本研究中,树皮着生藻类的蓝藻密度[(9.42±1.34)×104cells·cm-2]远高于绿藻[(8.10±4.90)×103cells·cm-2],可能是由于蓝藻中某些种类(如颗粒粘球藻和点形粘球藻)具有较强水分涵蓄能力的胶被,可为其细胞生长提供较长时间水分供给所致,故而此类蓝藻在群落中常形成优势种。

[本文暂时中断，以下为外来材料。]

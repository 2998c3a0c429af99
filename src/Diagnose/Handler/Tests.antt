-- ===== src/Diagnose/Handler/Tests.antt =====
-- Inputs, rows and a call of pcap_detect_symptoms, and the theorems at them.
use cute_pcap_mcp.Base.{
  Bool, true, false, List, [], ◌∷◌, Option, none, some, ◌≡◌, refl, ◌↔◌, ◌⊎◌, length,
}
use cute_pcap_mcp.Base.Text.{Bytes, codes, eq_bytes, trim_space, is_empty, contains}
use cute_pcap_mcp.Base.Text.Atoi.{atoi}
use cute_pcap_mcp.Base.Int.{ℤ, pos}
use cute_pcap_mcp.Errors.{ok}
use cute_pcap_mcp.Config.{Config}
use cute_pcap_mcp.Artifact.{found}
use cute_pcap_mcp.Server.{Semaphore}
use cute_pcap_mcp.Diagnose.{Flow, Scope}
use cute_pcap_mcp.Diagnose.Flows.{is_groupable, matches_scope}
use cute_pcap_mcp.Diagnose.Rows.{packet_of, field}
use cute_pcap_mcp.Diagnose.Rows.Laws.{column, names_tcp, packet_of-groupable}
use cute_pcap_mcp.Diagnose.Input.{validate_scope, Input, validate_input}
use cute_pcap_mcp.Diagnose.Input.Laws.{IsAccepted, validate_input_iff, matches_scope-blank}
use cute_pcap_mcp.Diagnose.Handler.{Environment, diagnose_handler}
use cute_pcap_mcp.Diagnose.Handler.Laws.{IsDone, diagnose_handler-IsDone}

code : Unit {0}
unfolding packet_of is_groupable contains eq_bytes diagnose_handler matches_scope trim_space atoi
code = tt

-- A row with TCP ports and the protocol column `label`.
abbrev row : Bytes → List Bytes
row label =
    codes "1"
    ∷ codes "0.5"
    ∷ codes "60"
    ∷ codes "60"
    ∷ []
    ∷ []
    ∷ codes "10.0.0.1"
    ∷ []
    ∷ codes "40000"
    ∷ []
    ∷ codes "10.0.0.2"
    ∷ []
    ∷ codes "25"
    ∷ []
    ∷ label
    ∷ []

abbrev no_time : Bytes → Option ℤ
no_time s = none

tls_row_is_grouped : is_groupable (packet_of no_time (row (codes "TLSv1.2"))) ≡ true
unfolding code
tls_row_is_grouped = refl

smtp_row_is_dropped : is_groupable (packet_of no_time (row (codes "SMTP"))) ≡ false
unfolding code
smtp_row_is_dropped = refl

packet_of-groupable_example :
    (is_empty (field (row (codes "TLSv1.2")) 14) ≡ true)
    ⊎ (names_tcp (column (row (codes "TLSv1.2"))) ≡ true)
packet_of-groupable_example = packet_of-groupable no_time (row (codes "TLSv1.2")) tls_row_is_grouped

abbrev anything : Bytes → Bool
anything s = true

abbrev blank_scope : Scope
blank_scope = record {
  source_ip = codes " ";
  destination_ip = [];
  source_port = none;
  destination_port = none;
  protocol = codes "TCP";
}

abbrev input : Input
input = record {
  path = codes "link";
  expected_sha256 = [];
  expected_size_bytes = some (pos 5);
  scope = some blank_scope;
  symptom_filter = codes "monitor_probe_returns_rst" ∷ [];
}

validate_input_iff_example : (validate_input anything input ≡ none) ↔ IsAccepted anything input
validate_input_iff_example = validate_input_iff anything input

abbrev flow : Flow
flow = record {
  source_ip = codes "10.0.0.1";
  destination_ip = codes "10.0.0.2";
  source_port = pos 40000;
  destination_port = pos 443;
  protocol = codes "tcp";
}

matches_scope-blank_example :
    (validate_scope anything (some blank_scope)
      ≡ validate_scope anything (some (record blank_scope { source_ip = [] })))
    × (matches_scope flow (some blank_scope) ≡ false)
unfolding code
matches_scope-blank_example = matches_scope-blank anything blank_scope flow refl refl refl

-- The file system of one capture, whose rows the reader gives.
abbrev env : Environment
env = record {
  is_address = anything;
  absolute = λ text. found (text ∷ []);
  eval_symlinks = λ p. found (codes "pcaps" ∷ p);
  stat = λ p. found (record { size = pos 5; is_regular = true });
  read = λ p. found (codes "hello");
  sha256_hex = λ content. codes "ab";
  tshark = λ a. ok ([], false);
  read_all = λ out. some ([] ∷ row (codes "TCP") ∷ []);
  milliseconds = no_time;
  order = λ m. m;
}

abbrev config : Config
config = record {
  allowed_artifact_dirs = (codes "pcaps" ∷ []) ∷ [];
  workspace = record {
    root = none;
    pcap_dir = none;
    output_dir = none;
    tmp_dir = none;
    keylog_dir = none;
  };
  analysis = record {
    command_timeout_seconds = pos 20;
    max_stdout_bytes = pos 200000;
    max_packet_rows = pos 200;
    max_ascii_strings = pos 200;
    max_ascii_bytes = pos 200000;
    max_zeek_records_per_log = pos 100;
    max_pcap_bytes = pos 65536;
    max_concurrent_analyses = pos 2;
    tmp_disk_budget_bytes = pos 1048576;
    output_disk_budget_bytes = pos 1048576;
  };
}

abbrev free : Semaphore
free = record { capacity = 2; in_use = 1 }

diagnose_handler-IsDone_example :
    IsDone env config input free (diagnose_handler env config input free)
diagnose_handler-IsDone_example = diagnose_handler-IsDone env config input free

one_finding : length (diagnose_handler env config input free).0.findings ≡ 1
unfolding code
one_finding = refl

尽管对采集时间相同,采样高度及朝向、环境条件几乎一致,但单因素方差分析结果却显示二球悬铃木和樟树的树皮着生藻类密度差异具有统计学意义(P<0.05)。本研究中,二球悬铃木为落叶乔木,树皮较光滑且薄;而樟树常绿乔木,树皮粗糙且厚;其树皮保水能力、开放天空比及树干径流的pH等可能存在差异[16,26],进而影响树皮着生藻类生长发育导致其密度差异显著。但本研究未对2种行道树树皮吸水率、光照及树干径流pH等进行测量,这有待后续研究给予完善和补充。相同树种不同朝向的树皮着生藻类树皮着生藻类密度差异也具有统计学意义(P<0.05),表现为向水侧高于背水侧,则可能是因为树干向水侧对河水蒸发形成的水蒸气拦截致使树皮湿度高于背水侧,为藻类提供了更好的生长条件所致;然而本研究并未对两侧的空气湿度进行测量,这也有待后续研究给予完善和补充。藻类植物对环境变化响应迅速,因此,描述其群落结构特征的多样性指数常作为环境质量评价的生物学指标。其中,Shannon-Weaver指数[30]也常写为Shannon-Wiener指数[31-34],是最为常用的水质评价指标[31-35]。基于树皮着生藻类数据计算的Shannon-Weaver多样性指数(H′)在不同树种和整体之间的差异较小,在1.10~1.40之间,似乎表明该指数可作为空气质量评价指标。然而,本研究缺少与空气质量较好区域的树皮着生藻类数据进行对比分析、调查的行道树树种也较少;相同树种不同采样朝向间有一定的差异(见表5)。因此,基于树皮着生藻类的空气质量评价指标体系构建在方法学方面的研究尚待进一步开展。